CIO TIPS: SURVIVING AN M&A

 

A recent report from Forrester Research offers timely advice for CIOs on how to make a game plan for a merger and acquisition. Why timely? Merger mania rolls on.

 

Merger and acquisition activity totaled a record $2.7 trillion worldwide in 2005, including $1.3 trillion in the U.S. Dealmakers are already salivating over prospects for 2006, as the climate for M & A activity warms up. Companies across all industries will be affected by international and domestic activities.  

 

Good for shareholders, perhaps. Excellent for investment bankers, for sure. But for CIOs, mergers and acquisitions mean rough weather ahead. CIOs need to start planning an integration strategy as soon as they have knowledge of the deal, with a goal of being "90% confident about the IT plans by the date of the deal's close,".

 

Once the deal is closed, successful CIOs will make integration their top priority This is the obvious point that people most often overlook.

 

Some suggestions for mastering the M&A:

 

Be brutally honest about jobs.

CIOs need to quickly and clearly state how staffing decisions will be made.

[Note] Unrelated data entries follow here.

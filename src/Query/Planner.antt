-- ===== src/Query/Planner.antt =====
-- graph-engine/crates/graph-query/src/planner.rs. A panic of the source is `none`.
pub mod Steps
pub mod Follows
pub mod Returns
use doi.Prelude.{
  String, Bool, true, false, List, [], ◌∷◌, ◌++◌, Option, none, some, string_eq, ◌==◌, is_some,
  if◌then◌else◌, filter_map, filter,
}
use doi.Prelude.Options.{◌>>=◌}
use doi.Dsl.{
  ComparisonOp, Literal, NodePattern, EdgePattern, Pattern, PatternStep, PropertyFilter,
  PropertyRef, Query, ReturnItem, WhereCondition, WhereConditions, to_list,
}
use doi.Index.Key.{PropertyKey}
use doi.Query.{AntiJoinStep, PlanStep, QueryPlan}
use doi.Query.Filter.{flip_op}

unfoldable pub literal_to_property_key : Literal → Option PropertyKey
literal_to_property_key (Literal.int64 v) = some (PropertyKey.int64 v)
literal_to_property_key (Literal.bool v) = some (PropertyKey.bool v)
literal_to_property_key (Literal.string v) = some (PropertyKey.string v)
literal_to_property_key (Literal.float64 v) = none

-- `Some(alias) == inner_alias`
abbrev pub is_alias : Option String → String → Bool
is_alias none alias = false
is_alias (some inner) alias = alias == inner

unfoldable pub property_on : String → WhereCondition → Option PropertyFilter
property_on alias (WhereCondition.property a filter) = if a == alias then some filter else none
property_on alias _ = none

-- the `filter_map` over the query's conditions
unfoldable pub filters_on : String → List WhereCondition → List PropertyFilter
unfolding property_on
filters_on alias conditions = filter_map (property_on alias) conditions

-- the inline filter of the pattern if it has one, else the only condition on the start
unfoldable pub start_filter :
    (inline where_filters : List PropertyFilter) → Option (Option PropertyFilter)
start_filter (first ∷ _) _ = some (some first)
start_filter [] [] = some none
start_filter [] (single ∷ []) = some (some single)
start_filter [] (_ ∷ _ ∷ _) = none

unfoldable pub resolve_with : NodePattern → String → Option PropertyFilter → Option PlanStep
unfolding literal_to_property_key
resolve_with node label none = some (PlanStep.resolve_all node.alias label)
resolve_with node label (some filter) = elim filter.op [
  | ComparisonOp.eq ↦ do
    key ← literal_to_property_key filter.value
    some (PlanStep.resolve_start node.alias label filter.property key)
  | _ ↦ none
]

unfoldable pub resolve_start_or_all_step : NodePattern → List PropertyFilter → Option PlanStep
unfolding start_filter resolve_with
resolve_start_or_all_step node where_filters = do
  label ← node.label
  filter ← start_filter node.property_filters where_filters
  resolve_with node label filter

unfoldable pub hop_step :
    List WhereCondition → (from_alias : String) → EdgePattern → NodePattern → PlanStep
unfolding filters_on
hop_step conditions from_alias edge to_node = PlanStep.expand_hop (record {
  from_alias = from_alias;
  to_alias = to_node.alias;
  to_label = to_node.label;
  edge_type = edge.edge_type;
  direction = edge.direction;
  hops = edge.hops;
  filters = if is_some to_node.label then filters_on to_node.alias conditions else [];
  edge_alias = edge.alias;
})

-- the `while` loop, two steps of the pattern at a time
unfoldable pub hop_steps :
    List WhereCondition → (from_alias : String) → List PatternStep → Option (List PlanStep)
unfolding hop_step
hop_steps conditions from_alias [] = some []
hop_steps conditions from_alias (PatternStep.edge edge ∷ PatternStep.node to_node ∷ rest) = do
  later ← hop_steps conditions to_node.alias rest
  some (hop_step conditions from_alias edge to_node ∷ later)
hop_steps conditions from_alias _ = none

-- What a condition of a `NOT EXISTS` adds to the two lists: a literal condition, an outer one, or
-- nothing.
abbrev pub Outer : Type 0
Outer = String × ComparisonOp × PropertyRef

unfoldable pub literal_condition : Option String → WhereCondition → Option PropertyFilter
literal_condition inner (WhereCondition.property alias filter) =
    if is_alias inner alias then some filter else none
literal_condition inner _ = none

unfoldable pub outer_condition : Option String → WhereCondition → Option Outer
outer_condition inner (WhereCondition.property_comparison left op right) =
    if is_alias inner left.alias
    then some (left.property, op, right)
    else if is_alias inner right.alias
    then some (right.property, flip_op op, left)
    else none
outer_condition inner _ = none

-- the pattern of a `NOT EXISTS` is exactly a node, an edge and a node
unfoldable pub anti_join_of : List PatternStep → List WhereCondition → Option AntiJoinStep
unfolding literal_condition outer_condition
anti_join_of (PatternStep.node from_node ∷ PatternStep.edge edge ∷ PatternStep.node to_node ∷ [])
      conditions =
    some (record {
      from_alias = from_node.alias;
      to_alias = to_node.alias;
      direction = edge.direction;
      edge_alias = edge.alias;
      edge_type = edge.edge_type;
      literal_conditions = filter_map (literal_condition edge.alias) conditions;
      outer_conditions = filter_map (outer_condition edge.alias) conditions;
    })
anti_join_of _ conditions = none

unfoldable pub compile_anti_join : Pattern → WhereConditions → Option PlanStep
unfolding anti_join_of
compile_anti_join pattern where_conditions = do
  step ← anti_join_of pattern.steps (to_list where_conditions)
  some (PlanStep.anti_join step)

unfoldable pub anti_join_steps : List WhereCondition → Option (List PlanStep)
unfolding compile_anti_join
anti_join_steps [] = some []
anti_join_steps (WhereCondition.not_exists pattern conditions ∷ rest) = do
  step ← compile_anti_join pattern conditions
  later ← anti_join_steps rest
  some (step ∷ later)
anti_join_steps (_ ∷ rest) = anti_join_steps rest

unfoldable pub plan_from :
    List PatternStep → List WhereCondition → List ReturnItem → Option QueryPlan
unfolding resolve_start_or_all_step filters_on hop_steps anti_join_steps
plan_from (PatternStep.node first ∷ rest) conditions returns = do
  start ← resolve_start_or_all_step first (filters_on first.alias conditions)
  hops ← hop_steps conditions first.alias rest
  anti_joins ← anti_join_steps conditions
  some (record { steps = start ∷ (hops ++ anti_joins); project = returns })
plan_from _ conditions returns = none

unfoldable pub plan : Query → Option QueryPlan
unfolding plan_from
plan query = plan_from query.pattern.steps (to_list query.where_conditions) query.returns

Identify which positions and staff members to keep and ways to retain them. Adopt a retention bonus program closely tied to the integration plan, with bonus kickers for meeting milestones and savings goals.

 

Move quickly to get the low-hanging "savings" fruit.

That means consolidating data centers and renegotiating software licenses and vendor contracts to prepare for a larger user base.

 

Drive business decisions away from feature-by-feature comparisons.

Application rationalization is critical because the cost of redundancy is so high and because business process integration requires a single applications set. This is the lengthiest and most complex part of integration.

 

The big insight? CIOs must help executives see that"the shortest path to synergies may be to use as little as possible from the acquired firm."  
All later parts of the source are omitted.